If you can tell us exactly what year, model, and type your bike is and all mods you have on it we may can help a little better. Things we need to know about the bike: snorkeled? exhaust? if so is it full or slip on? Aftermarket CDI? What jet kit are you using? All these will give a good place to start.

What is the current carb set up? What jets main and pilot, what needle setting?

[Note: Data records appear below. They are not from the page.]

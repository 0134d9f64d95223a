-- ===== src/Application/Throttle.antt =====
-- The login route of app/api/routes.py with the limiter of app/core/rate_limit.py in memory.
use ms_auth_service.Prelude.{
  ℕ, ◌+◌, ◌≤◌, ◌<◌, String, ◌≡◌, refl, inl, inr, Bool, true, length, arith,
}
use ms_auth_service.Py.Dict.{Dict}
use ms_auth_service.Py.Value.{Value}
use ms_auth_service.Py.Exec.{Exn, Result, raise, Exec}
use ms_auth_service.Redis.{Redis}
use ms_auth_service.Identity.{Tables}
use ms_auth_service.RateLimit.{Limiter, digests, credential_rules, check_credentials_attempt}
use ms_auth_service.RateLimit.Memory.{memory_max_entries}
use ms_auth_service.RateLimit.Memory.Bounds.{IsBounded}
use ms_auth_service.RateLimit.Fallback.{IsIsolated}
use ms_auth_service.RateLimit.Check.{exceeded}
use ms_auth_service.RateLimit.Attempts.{check_credentials_attempt-exceeded}
use ms_auth_service.Broker.{KeycloakTokenBroker, KeycloakTokenResponse}
use ms_auth_service.Web.{Request, start_native_login}
use ms_auth_service.Application.{App, operations}

module _ {Server Keycloak : Type 0} (redis : Redis Server) (sha256 : String → String)
    (hmac : String → String → String) (checkpw : String → String → Result Bool)
    (sql_lower : String → String) (connection : Result Tables) (dummy : String)
    (limit : String → Bool) (decode : String → Result (Dict Value))
    (post : String → Dict String → Exec Keycloak (ℕ × Result KeycloakTokenResponse))
    (broker : KeycloakTokenBroker) (send : String → String → Result (Unit {0})) (clock : ℕ → ℕ)
    (ticking : ℕ → ℕ) (challenge_id : String) (number : ℕ) where
  -- Without Redis, with room for four counters and a clock that does not go back: a login from
  -- an address or for an email whose open window holds its limit is answered as throttled, with
  -- a `Retry-After` of a second at least, before the password is looked at: bcrypt is not
  -- computed, no challenge starts and no email is sent, and nothing but the limiter changes.
  pub start_native_login_throttled :
      (grows : (i j : ℕ) → i ≤ j → ticking i ≤ ticking j) (request : Request)
      (email password : String) (s : App Server Keycloak)
      → IsIsolated redis s.limiter
      → IsBounded s.limiter.memory
      → length s.limiter.memory.counters + 4 ≤ memory_max_entries
      → 0 < s.limiter.limits.ip_burst_window_seconds
      → exceeded
          (digests sha256 request.client email)
          ticking
          0
          (credential_rules s.limiter.limits)
          s.limiter.memory
        ≡ true
      → (n : ℕ) × (t : Limiter Server) × (1 ≤ n)
        × (start_native_login
              (operations redis sha256 hmac checkpw sql_lower connection dummy limit decode post
                broker send clock ticking challenge_id number)
              request
              email
              password
              s
            ≡ (raise (Exn.rate_limit_exceeded n), record s { limiter = t }))
  unfolding start_native_login operations
  start_native_login_throttled grows request email password s iso b room pos full =
      let check = check_credentials_attempt redis sha256 ticking request.client email s.limiter in
      elim (check_credentials_attempt-exceeded redis sha256 ticking grows request.client email
        s.limiter iso b room pos) [
          | inl (free, e) ↦ ground (arith, full, free)
          | inr (f, (n, e, one)) ↦
              let check_eq : check ≡ (raise (Exn.rate_limit_exceeded n), check.1) = rw e refl in
              (n, check.1, one, rw check_eq refl)
        ]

How does the bike run now in regards to throttle positions
1/8 -1/4 ?
1/4 - 3/4 ?
3/4 - WOT ?

With all this we should be able to help you out.


----------



## killer666 (May 29, 2011)

*still not right*

it's a 2008 650i with a k&n,full big gun exhaust,dyna coils, and dynatek cdi,and a dynojet stage 1 kit. it seems to work good when i go smoothly through 1/8-1/4-3/4-wot but from any of these positions and hit it hard it pauses then goes good, and when i let off it pops not loud but puck puck puck puck. and thank you for responding so quick


----------



## No_Substitue_For_A_Brute (May 4, 2011)

killer666 said:


> it's a 2008 650i with a k&n,full big gun exhaust,dyna coils, and dynatek cdi,and a dynojet stage 1 kit. it seems to work good when i go smoothly through 1/8-1/4-3/4-wot but from any of these positions and hit it hard it pauses then goes good, and when i let off it pops not loud but puck puck puck puck. and thank you for responding so quick


What size jets are in it right now? The dyna CID is going to cause a small miss at low end. If its pausing on acceleration i would say its lean on the low to mid range. I might try putting a #40 pilot in it if you haven't already. That should help the pop on decel and maybe the responsiveness. Other thing to try would be moving the clip down one notch to richen it up.


----------



## killer666 (May 29, 2011)

the shop i took it to followed the dynojet instrutions and put the 140 jets in front and back. im not to sure the size of the pilot. i will try to and move the clip down one notch and see what happens. thank you


----------



## No_Substitue_For_A_Brute (May 4, 2011)

killer666 said:


> the shop i took it to followed the dynojet instrutions and put the 140 jets in front and back. im not to sure the size of the pilot. i will try to and move the clip down one notch and see what happens. thank you


long as it is not snorkeled that should be close. Find out the pilot and clip locations and we can work it from there. That rear jet should prolly be a little bigger than the front one to keep it from running too lean.


----------



## killer666 (May 29, 2011)

i will take it back to the shop and get them to put a size bigger jet in the rear and move the clip one notch. its not snorkeled, yet, but maybe not we'll see. again thank you very much


----------



## killer666 (May 29, 2011)

*carb picture?*

i was going to move my clips on my needles but where are they? i would like to know before i start tearing my bike apart, if i have to tear it apart. i looked at my manual but there are many needles and i dont have a clue. a picture of what i need to do would help so so much, and wortha thousand words. i checked the jetting guide pic and it really dont help me.


----------



## killer666 (May 29, 2011)

*now too rich????*

so i just moved the clips on my needles down 1 notch and its now too rich, i think? it idles good and revs good but when i try to go it hesitates, and if i try to give it more it bogs out. doesnt stall. so im assuming i need to re-jet and move the clip back a notch or 2. i currently have 140 size jets in front and rear. and why do most people go a bigger jet in the rear then the front?


----------